Bij landsbesluit van 2 november 2020 (het bestreden landsbesluit) heeft verweerder besloten om klager primair met onmiddellijke ingang de disciplinaire straf van ontslag op te leggen en subsidiair klager eervol ontslag te verlenen met ingang van vijf dagen na dagtekening van dit landsbesluit.
Hiertegen heeft klager op 19 november 2020 bezwaar gemaakt bij dit gerecht. Dit bezwaar is geregistreerd onder zaaknummer AUA202002928.

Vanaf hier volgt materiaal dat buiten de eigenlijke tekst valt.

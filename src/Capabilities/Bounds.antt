-- ===== src/Capabilities/Bounds.antt =====
-- The daemon's limits on the settings of the next session.
use screx_v.Prelude.{
  ℕ, ◌==◌, subst, if-preserves, ◌≤◌, ◌≡◌, refl, true, Option, none, some, List, [], ◌∷◌, max, arith,
  inl, inr, Option-cases,
}
use mathlib.Core.Option.{some-injective}
use screx_v.Capabilities.Tlv.{read_entries-preserves}
use screx_v.Capabilities.Stng.{
  VideoCodec, RequestedSettings, default_settings, stng_entry, resolution_entry, framerate_entry,
  codec_entry, bitrate_entry, parse_stng_body,
}
use screx_v.Capabilities.Clamp.{
  Limits, ControlTransport, bitrate_ceiling, width_floor, height_floor, fps_floor, bitrate_floor,
  clamp_u32, clamp_sizes, clamp_fps, clamp_codec, clamp_bitrate, has_codec,
  clamp_requested_settings, apply_requested_settings,
}

-- The range of a field: a ceiling below the floor counts as the floor.
abbrev pub InRange : ℕ → ℕ → Option ℕ → Type 0
InRange floor ceiling none = Unit {0}
InRange floor ceiling (some n) = (floor ≤ n) × (n ≤ max ceiling floor)

abbrev pub IsAvailable : Limits → Option VideoCodec → Type 0
IsAvailable l none = Unit {0}
IsAvailable l (some c) = has_codec l.available c ≡ true

-- Both sizes are asked for, or neither is.
abbrev pub IsPaired : Option ℕ → Option ℕ → Type 0
IsPaired (some w) none = ⊥
IsPaired none (some h) = ⊥
IsPaired _ _ = Unit {0}

pub record WithinLimits (l : Limits) (t : ControlTransport) (s : RequestedSettings) : Type 0 where
  pub width : InRange width_floor l.max_width s.width
  pub height : InRange height_floor l.max_height s.height
  pub fps : InRange fps_floor l.max_fps s.fps
  pub codec : IsAvailable l s.codec
  pub bitrate : InRange bitrate_floor (bitrate_ceiling t l) s.bitrate_bps

pub clamp_u32_bounds :
    (v floor ceiling : ℕ)
    → (floor ≤ clamp_u32 v floor ceiling) × (clamp_u32 v floor ceiling ≤ max ceiling floor)
unfolding clamp_u32
clamp_u32_bounds v floor ceiling = ground arith

clamp_sizes_bounds :
    (l : Limits) (w h : Option ℕ)
    → IsPaired w h
    → InRange width_floor l.max_width (clamp_sizes l w h).0
      × InRange height_floor l.max_height (clamp_sizes l w h).1
unfolding clamp_sizes
clamp_sizes_bounds l (some w) (some h) p =
    (clamp_u32_bounds w width_floor l.max_width, clamp_u32_bounds h height_floor l.max_height)
clamp_sizes_bounds l (some w) none p = absurd p
clamp_sizes_bounds l none (some h) p = absurd p
clamp_sizes_bounds l none none p = (tt, tt)

clamp_fps_bounds : (l : Limits) (fps : Option ℕ) → InRange fps_floor l.max_fps (clamp_fps l fps)
unfolding clamp_fps
clamp_fps_bounds l none = tt
clamp_fps_bounds l (some n) = clamp_u32_bounds n fps_floor l.max_fps

clamp_codec-IsAvailable : (l : Limits) (c : Option VideoCodec) → IsAvailable l (clamp_codec l c)
unfolding clamp_codec
clamp_codec-IsAvailable l none = tt
clamp_codec-IsAvailable l (some c) = ground arith

clamp_bitrate_bounds :
    (l : Limits) (t : ControlTransport) (b : Option ℕ)
    → InRange bitrate_floor (bitrate_ceiling t l) (clamp_bitrate l t b)
unfolding clamp_bitrate
clamp_bitrate_bounds l t none = tt
clamp_bitrate_bounds l t (some n) = clamp_u32_bounds n bitrate_floor (bitrate_ceiling t l)

clamp_requested_settings-WithinLimits :
    (l : Limits) (s : RequestedSettings) (t : ControlTransport)
    → IsPaired s.width s.height
    → WithinLimits l t (clamp_requested_settings l s t)
unfolding clamp_requested_settings
clamp_requested_settings-WithinLimits l s t p = record {
  width = (clamp_sizes_bounds l s.width s.height p).0;
  height = (clamp_sizes_bounds l s.width s.height p).1;
  fps = clamp_fps_bounds l s.fps;
  codec = clamp_codec-IsAvailable l s.codec;
  bitrate = clamp_bitrate_bounds l t s.bitrate_bps;
}

resolution_entry-IsPaired :
    (value : List ℕ) (s : RequestedSettings)
    → IsPaired s.width s.height
    → IsPaired (resolution_entry value s).width (resolution_entry value s).height
unfolding resolution_entry
resolution_entry-IsPaired (a ∷ b ∷ c ∷ d ∷ []) s p = tt
resolution_entry-IsPaired value s p = p

-- The other entries leave the sizes alone.
framerate_entry-sizes :
    (value : List ℕ) (s : RequestedSettings)
    → ((framerate_entry value s).width ≡ s.width) × ((framerate_entry value s).height ≡ s.height)
unfolding framerate_entry
framerate_entry-sizes (a ∷ []) s = (refl, refl)
framerate_entry-sizes value s = (refl, refl)

codec_entry-sizes :
    (value : List ℕ) (s : RequestedSettings)
    → ((codec_entry value s).width ≡ s.width) × ((codec_entry value s).height ≡ s.height)
unfolding codec_entry
codec_entry-sizes (a ∷ []) s = (refl, refl)
codec_entry-sizes value s = (refl, refl)

bitrate_entry-sizes :
    (value : List ℕ) (s : RequestedSettings)
    → ((bitrate_entry value s).width ≡ s.width) × ((bitrate_entry value s).height ≡ s.height)
unfolding bitrate_entry
bitrate_entry-sizes (a ∷ b ∷ c ∷ d ∷ []) s = (refl, refl)
bitrate_entry-sizes value s = (refl, refl)

abbrev SizesPaired : RequestedSettings → Type 0
SizesPaired s = IsPaired s.width s.height

stng_entry-SizesPaired :
    (tag : ℕ) (value : List ℕ) (s : RequestedSettings)
    → SizesPaired s
    → SizesPaired (stng_entry tag value s)
unfolding stng_entry
stng_entry-SizesPaired tag value s p =
    let (fw, fh) = framerate_entry-sizes value s in
    let (cw, ch) = codec_entry-sizes value s in
    let (bw, bh) = bitrate_entry-sizes value s in
    if-preserves SizesPaired (tag == 0x01) (resolution_entry-IsPaired value s p) (
      if-preserves SizesPaired (tag == 0x02) (rw (fw, fh) p) (
        if-preserves SizesPaired (tag == 0x03) (rw (cw, ch) p)
          (if-preserves SizesPaired (tag == 0x04) (rw (bw, bh) p) p)))

parse_stng_body-SizesPaired :
    (body : List ℕ) (s : RequestedSettings) → parse_stng_body body ≡ some s → SizesPaired s
unfolding parse_stng_body
parse_stng_body-SizesPaired (version ∷ n ∷ rest) s e = subst SizesPaired (some-injective _ _ e) (
    read_entries-preserves stng_entry SizesPaired stng_entry-SizesPaired n rest default_settings tt)
parse_stng_body-SizesPaired (version ∷ []) s e = cc
parse_stng_body-SizesPaired [] s e = cc

abbrev pub PendingWithin : Limits → ControlTransport → Option RequestedSettings → Type 0
PendingWithin l t none = Unit {0}
PendingWithin l t (some s) = WithinLimits l t s

-- However a client fills the body of `STNG`, the pending settings stay within the limits: each
-- field that is set lies in its range (a ceiling below the floor counts as the floor), and the
-- codec is one that the daemon has.
pub apply_requested_settings-PendingWithin :
    (l : Limits) (t : ControlTransport) (body : List ℕ) (pending : Option RequestedSettings)
    → PendingWithin l t pending
    → PendingWithin l t (apply_requested_settings l pending body t)
unfolding apply_requested_settings
apply_requested_settings-PendingWithin l t body pending h =
    elim (Option-cases (parse_stng_body body)) [
      | inl malformed ↦ rw (malformed, apply_requested_settings) h
      | inr (s, parsed) ↦
          rw (parsed, apply_requested_settings)
            (clamp_requested_settings-WithinLimits l s t
              (parse_stng_body-SizesPaired body s parsed))
    ]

Op 19 november 2020 heeft klager zich tevens tot het gerecht gewend met een verzoek tot het treffen van een voorziening bij voorraad. Dit verzoek is geregistreerd onder zaaknummer AUA202002927.
De zaken zijn gelijktijdig behandeld ter zitting van 8 maart 2021, alwaar zijn verschenen klager bijgestaan door zijn gemachtigde voornoemd, en verweerder bij zijn gemachtigde voornoemd.

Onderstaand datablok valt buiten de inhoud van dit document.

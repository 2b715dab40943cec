-- ===== src/Text.antt =====
-- The operations on strings that the client's settings and addresses use, on their bytes: `contains`,
-- `split_once`, `rsplit_once`, `strip_prefix` and `parse`, as client/desktop/src/backend.rs
-- (parse_host_port) and client/desktop/src/capabilities.rs (parse_resolution) call them.
pub mod Numbers
pub mod Splits
use screx_v.Prelude.{
  ℕ, zero, suc, ◌+◌, ◌-◌, ◌*◌, ◌/◌, ◌%◌, Bool, true, false, ◌&&◌, ◌||◌, Option, none, some, List,
  [], ◌∷◌, ◌++◌, leb, ltb, ◌==◌, if◌then◌else◌,
}

unfoldable pub contains : (c : ℕ) → List ℕ → Bool
contains c [] = false
contains c (x ∷ xs) = (x == c) || contains c xs

unfoldable pub strip_prefix : (c : ℕ) → List ℕ → Option (List ℕ)
strip_prefix c [] = none
strip_prefix c (x ∷ xs) = if x == c then some xs else none

unfoldable pub before : ℕ → Option (List ℕ × List ℕ) → Option (List ℕ × List ℕ)
before x none = none
before x (some (xs, ys)) = some (x ∷ xs, ys)

-- At the first separator, and at the last one.
unfoldable pub split_once : (c : ℕ) → List ℕ → Option (List ℕ × List ℕ)
unfolding before
split_once c [] = none
split_once c (x ∷ xs) =
    let rest = split_once c xs in if x == c then some ([], xs) else before x rest

unfoldable pub last_split : (c x : ℕ) → List ℕ → Option (List ℕ × List ℕ) → Option (List ℕ × List ℕ)
last_split c x xs (some (ys, zs)) = some (x ∷ ys, zs)
last_split c x xs none = if x == c then some ([], xs) else none

unfoldable pub rsplit_once : (c : ℕ) → List ℕ → Option (List ℕ × List ℕ)
unfolding last_split
rsplit_once c [] = none
rsplit_once c (x ∷ xs) = last_split c x xs (rsplit_once c xs)

-- One more digit, while the number stays below the limit.
unfoldable pub add_digit : (limit : ℕ) → ℕ → Option ℕ → Option ℕ
add_digit limit d none = none
add_digit limit d (some n) =
    if leb 48 d && (leb d 57 && ltb (n * 10 + (d - 48)) limit)
    then some (n * 10 + (d - 48))
    else none

unfoldable pub digits : (limit : ℕ) → List ℕ → Option ℕ → Option ℕ
unfolding add_digit
digits limit [] n = n
digits limit (d ∷ ds) n = digits limit ds (add_digit limit d n)

unfoldable pub some_digits : (limit : ℕ) → List ℕ → Option ℕ
unfolding digits
some_digits limit [] = none
some_digits limit (d ∷ ds) = digits limit (d ∷ ds) (some 0)

-- `parse::<u16>` for the limit 2 ^ 16, `parse::<u32>` for 2 ^ 32: digits, at least one, after a plus
-- sign or none.
unfoldable pub parse : (limit : ℕ) → List ℕ → Option ℕ
unfolding some_digits
parse limit [] = none
parse limit (d ∷ ds) = if d == 43 then some_digits limit ds else some_digits limit (d ∷ ds)

-- A number below 10 ^ fuel, in decimal digits.
unfoldable pub decimal : (fuel n : ℕ) → List ℕ
decimal zero n = []
decimal (suc fuel) n =
    let rest = decimal fuel (n / 10) in
    if ltb n 10 then (48 + n) ∷ [] else rest ++ (48 + n % 10) ∷ []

Klager heeft het verzoek met zaaknummer AUA202002927 ter zitting ingetrokken.
De uitspraak in het bezwaar met zaaknummer AUA202002928 is bepaald op heden.

OVERWEGINGEN

Het wettelijk kader

1.1
Ingevolge artikel 47, eerste lid, van de Lma is de ambtenaar gehouden de plichten uit zijn ambt voortvloeiende nauwgezet en ijverig te vervullen en zich te gedragen zoals een goed ambtenaar betaamt.
1.2
Ingevolge artikel 58, eerste lid, van de Lma, is het de ambtenaar verboden overheidsgoederen te gebruiken ten bate van particuliere belangen van zichzelf of van derden.
1.3
Ingevolge artikel 59, eerste lid, van de Lma is het de ambtenaar verboden een gift of een belofte daartoe van een derde aan te nemen, waarvan hij weet of redelijkerwijze moet vermoeden, dat deze gedaan wordt teneinde hem te bewegen in zijn bediening iets te doen of na te laten.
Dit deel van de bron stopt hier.